→ EXERCISE INSTRUCTIONS
Read the records beneath this task and copy every line that contains the string "Model".

(Stored data entries)
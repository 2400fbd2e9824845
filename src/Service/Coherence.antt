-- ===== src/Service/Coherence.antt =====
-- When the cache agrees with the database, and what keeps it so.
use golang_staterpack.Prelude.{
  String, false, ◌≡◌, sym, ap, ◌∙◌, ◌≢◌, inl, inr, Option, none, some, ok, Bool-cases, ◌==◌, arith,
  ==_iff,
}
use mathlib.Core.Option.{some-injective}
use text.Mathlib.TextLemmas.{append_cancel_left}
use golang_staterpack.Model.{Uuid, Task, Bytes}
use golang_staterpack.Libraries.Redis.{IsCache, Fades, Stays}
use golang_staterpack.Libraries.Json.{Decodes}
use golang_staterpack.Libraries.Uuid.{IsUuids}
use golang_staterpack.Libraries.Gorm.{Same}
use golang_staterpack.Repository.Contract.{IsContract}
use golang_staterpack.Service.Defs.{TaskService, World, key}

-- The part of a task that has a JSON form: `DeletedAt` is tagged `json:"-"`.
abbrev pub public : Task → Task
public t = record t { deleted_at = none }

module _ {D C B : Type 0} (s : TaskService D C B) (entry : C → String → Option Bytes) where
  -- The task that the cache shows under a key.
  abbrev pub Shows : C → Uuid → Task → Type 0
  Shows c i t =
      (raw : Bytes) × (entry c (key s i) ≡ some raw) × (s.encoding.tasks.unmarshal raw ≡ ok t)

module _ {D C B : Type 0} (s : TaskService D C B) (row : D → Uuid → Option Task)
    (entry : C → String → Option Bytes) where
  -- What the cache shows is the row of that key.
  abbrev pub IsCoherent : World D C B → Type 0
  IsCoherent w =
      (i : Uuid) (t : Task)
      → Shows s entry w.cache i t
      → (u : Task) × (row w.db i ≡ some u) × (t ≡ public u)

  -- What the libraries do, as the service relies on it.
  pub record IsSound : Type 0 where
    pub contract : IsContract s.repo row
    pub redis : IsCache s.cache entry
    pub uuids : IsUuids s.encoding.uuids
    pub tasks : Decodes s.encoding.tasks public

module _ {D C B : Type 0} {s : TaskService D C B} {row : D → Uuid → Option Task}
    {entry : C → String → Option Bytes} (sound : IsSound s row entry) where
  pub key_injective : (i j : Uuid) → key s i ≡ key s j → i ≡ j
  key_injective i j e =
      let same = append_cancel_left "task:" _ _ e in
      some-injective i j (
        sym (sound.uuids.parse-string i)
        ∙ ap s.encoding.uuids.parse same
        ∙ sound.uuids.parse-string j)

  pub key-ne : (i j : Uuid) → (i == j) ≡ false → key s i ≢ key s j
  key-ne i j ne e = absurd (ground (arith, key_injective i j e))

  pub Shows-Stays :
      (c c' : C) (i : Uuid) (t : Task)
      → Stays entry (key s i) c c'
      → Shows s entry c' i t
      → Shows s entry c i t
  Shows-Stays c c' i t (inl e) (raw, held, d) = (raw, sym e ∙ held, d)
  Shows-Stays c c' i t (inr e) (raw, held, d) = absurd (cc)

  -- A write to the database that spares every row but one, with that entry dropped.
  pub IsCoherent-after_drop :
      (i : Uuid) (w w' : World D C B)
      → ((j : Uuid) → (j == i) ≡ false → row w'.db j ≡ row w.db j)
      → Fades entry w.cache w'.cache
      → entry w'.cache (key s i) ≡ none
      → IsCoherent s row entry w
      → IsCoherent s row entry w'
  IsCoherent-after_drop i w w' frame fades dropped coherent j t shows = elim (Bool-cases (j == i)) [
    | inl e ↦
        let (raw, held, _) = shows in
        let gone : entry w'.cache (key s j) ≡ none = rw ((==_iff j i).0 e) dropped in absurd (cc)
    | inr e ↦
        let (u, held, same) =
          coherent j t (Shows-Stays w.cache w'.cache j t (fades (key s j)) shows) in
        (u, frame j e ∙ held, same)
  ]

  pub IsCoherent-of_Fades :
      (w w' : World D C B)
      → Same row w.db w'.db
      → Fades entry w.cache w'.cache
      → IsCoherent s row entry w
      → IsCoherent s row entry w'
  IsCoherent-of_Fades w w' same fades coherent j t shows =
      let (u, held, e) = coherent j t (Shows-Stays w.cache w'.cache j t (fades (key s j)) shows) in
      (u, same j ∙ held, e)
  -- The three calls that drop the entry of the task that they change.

==

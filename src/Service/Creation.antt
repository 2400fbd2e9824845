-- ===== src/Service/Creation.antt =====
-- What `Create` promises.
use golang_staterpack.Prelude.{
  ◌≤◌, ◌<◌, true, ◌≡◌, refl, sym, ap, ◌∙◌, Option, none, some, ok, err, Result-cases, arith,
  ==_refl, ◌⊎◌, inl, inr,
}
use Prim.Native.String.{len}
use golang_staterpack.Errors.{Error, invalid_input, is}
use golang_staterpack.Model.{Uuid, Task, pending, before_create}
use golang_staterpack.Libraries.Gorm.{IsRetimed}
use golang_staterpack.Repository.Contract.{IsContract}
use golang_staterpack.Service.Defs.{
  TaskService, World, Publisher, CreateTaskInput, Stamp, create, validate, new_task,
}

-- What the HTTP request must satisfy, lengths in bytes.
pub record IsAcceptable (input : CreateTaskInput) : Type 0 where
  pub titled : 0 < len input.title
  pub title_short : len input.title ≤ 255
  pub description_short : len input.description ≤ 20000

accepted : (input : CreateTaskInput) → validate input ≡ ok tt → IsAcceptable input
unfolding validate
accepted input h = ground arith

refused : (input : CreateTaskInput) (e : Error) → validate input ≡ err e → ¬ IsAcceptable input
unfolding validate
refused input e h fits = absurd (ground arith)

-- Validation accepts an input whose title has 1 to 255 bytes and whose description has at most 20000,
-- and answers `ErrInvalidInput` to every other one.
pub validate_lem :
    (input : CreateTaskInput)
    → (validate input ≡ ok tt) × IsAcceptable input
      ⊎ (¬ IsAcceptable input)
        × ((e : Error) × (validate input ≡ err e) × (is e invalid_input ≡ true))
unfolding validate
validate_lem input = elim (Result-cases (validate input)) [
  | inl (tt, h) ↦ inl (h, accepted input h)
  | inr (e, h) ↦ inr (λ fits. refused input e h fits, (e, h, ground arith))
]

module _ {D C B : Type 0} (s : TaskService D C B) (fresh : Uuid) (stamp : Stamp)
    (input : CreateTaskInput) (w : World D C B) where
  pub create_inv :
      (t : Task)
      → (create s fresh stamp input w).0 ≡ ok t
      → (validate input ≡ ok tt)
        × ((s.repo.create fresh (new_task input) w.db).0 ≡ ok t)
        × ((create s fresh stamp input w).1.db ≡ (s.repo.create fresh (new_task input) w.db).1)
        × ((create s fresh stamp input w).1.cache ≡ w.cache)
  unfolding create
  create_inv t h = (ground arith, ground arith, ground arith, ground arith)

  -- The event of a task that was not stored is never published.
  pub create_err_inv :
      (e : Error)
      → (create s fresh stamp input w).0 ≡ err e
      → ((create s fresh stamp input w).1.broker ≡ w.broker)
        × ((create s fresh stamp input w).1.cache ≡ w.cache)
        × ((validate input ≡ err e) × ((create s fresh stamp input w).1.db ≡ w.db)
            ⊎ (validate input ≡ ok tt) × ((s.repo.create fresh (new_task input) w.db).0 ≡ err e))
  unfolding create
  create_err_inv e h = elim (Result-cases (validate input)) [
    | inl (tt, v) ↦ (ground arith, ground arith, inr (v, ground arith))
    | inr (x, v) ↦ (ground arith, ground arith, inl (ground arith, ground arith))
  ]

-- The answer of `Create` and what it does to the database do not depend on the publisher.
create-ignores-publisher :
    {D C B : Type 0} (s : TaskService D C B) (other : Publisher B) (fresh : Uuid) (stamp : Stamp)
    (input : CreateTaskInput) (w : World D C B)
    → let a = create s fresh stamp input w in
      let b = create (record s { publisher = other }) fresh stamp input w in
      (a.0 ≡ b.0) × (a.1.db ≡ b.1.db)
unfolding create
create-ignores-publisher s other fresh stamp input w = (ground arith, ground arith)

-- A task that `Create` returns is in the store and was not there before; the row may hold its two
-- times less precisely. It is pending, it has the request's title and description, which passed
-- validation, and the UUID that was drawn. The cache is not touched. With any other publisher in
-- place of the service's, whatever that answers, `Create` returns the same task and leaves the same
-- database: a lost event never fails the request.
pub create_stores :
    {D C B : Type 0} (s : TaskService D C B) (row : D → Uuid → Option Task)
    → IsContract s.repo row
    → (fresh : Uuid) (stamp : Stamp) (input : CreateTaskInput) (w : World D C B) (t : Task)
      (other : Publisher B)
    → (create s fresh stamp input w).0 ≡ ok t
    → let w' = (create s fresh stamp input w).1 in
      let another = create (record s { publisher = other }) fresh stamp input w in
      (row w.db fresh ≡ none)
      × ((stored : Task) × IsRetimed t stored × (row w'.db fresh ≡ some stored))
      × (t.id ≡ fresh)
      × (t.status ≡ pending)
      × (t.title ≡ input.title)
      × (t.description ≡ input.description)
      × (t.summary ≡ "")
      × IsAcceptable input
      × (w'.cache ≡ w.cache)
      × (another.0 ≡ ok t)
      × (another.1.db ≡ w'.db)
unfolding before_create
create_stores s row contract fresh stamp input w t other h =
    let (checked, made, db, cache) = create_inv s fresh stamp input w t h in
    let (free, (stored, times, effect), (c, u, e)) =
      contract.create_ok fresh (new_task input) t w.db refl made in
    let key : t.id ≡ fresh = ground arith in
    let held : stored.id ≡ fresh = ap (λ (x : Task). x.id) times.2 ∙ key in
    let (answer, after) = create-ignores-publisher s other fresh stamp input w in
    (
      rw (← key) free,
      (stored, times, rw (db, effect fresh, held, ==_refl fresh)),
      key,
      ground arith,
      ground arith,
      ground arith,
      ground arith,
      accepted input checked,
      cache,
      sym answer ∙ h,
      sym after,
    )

→ RESPONSE TO THIS TASK
use golang_staterpack.Model.{Uuid, Task, Bytes}
use golang_staterpack.Model.{Uuid, Task, pending, before_create}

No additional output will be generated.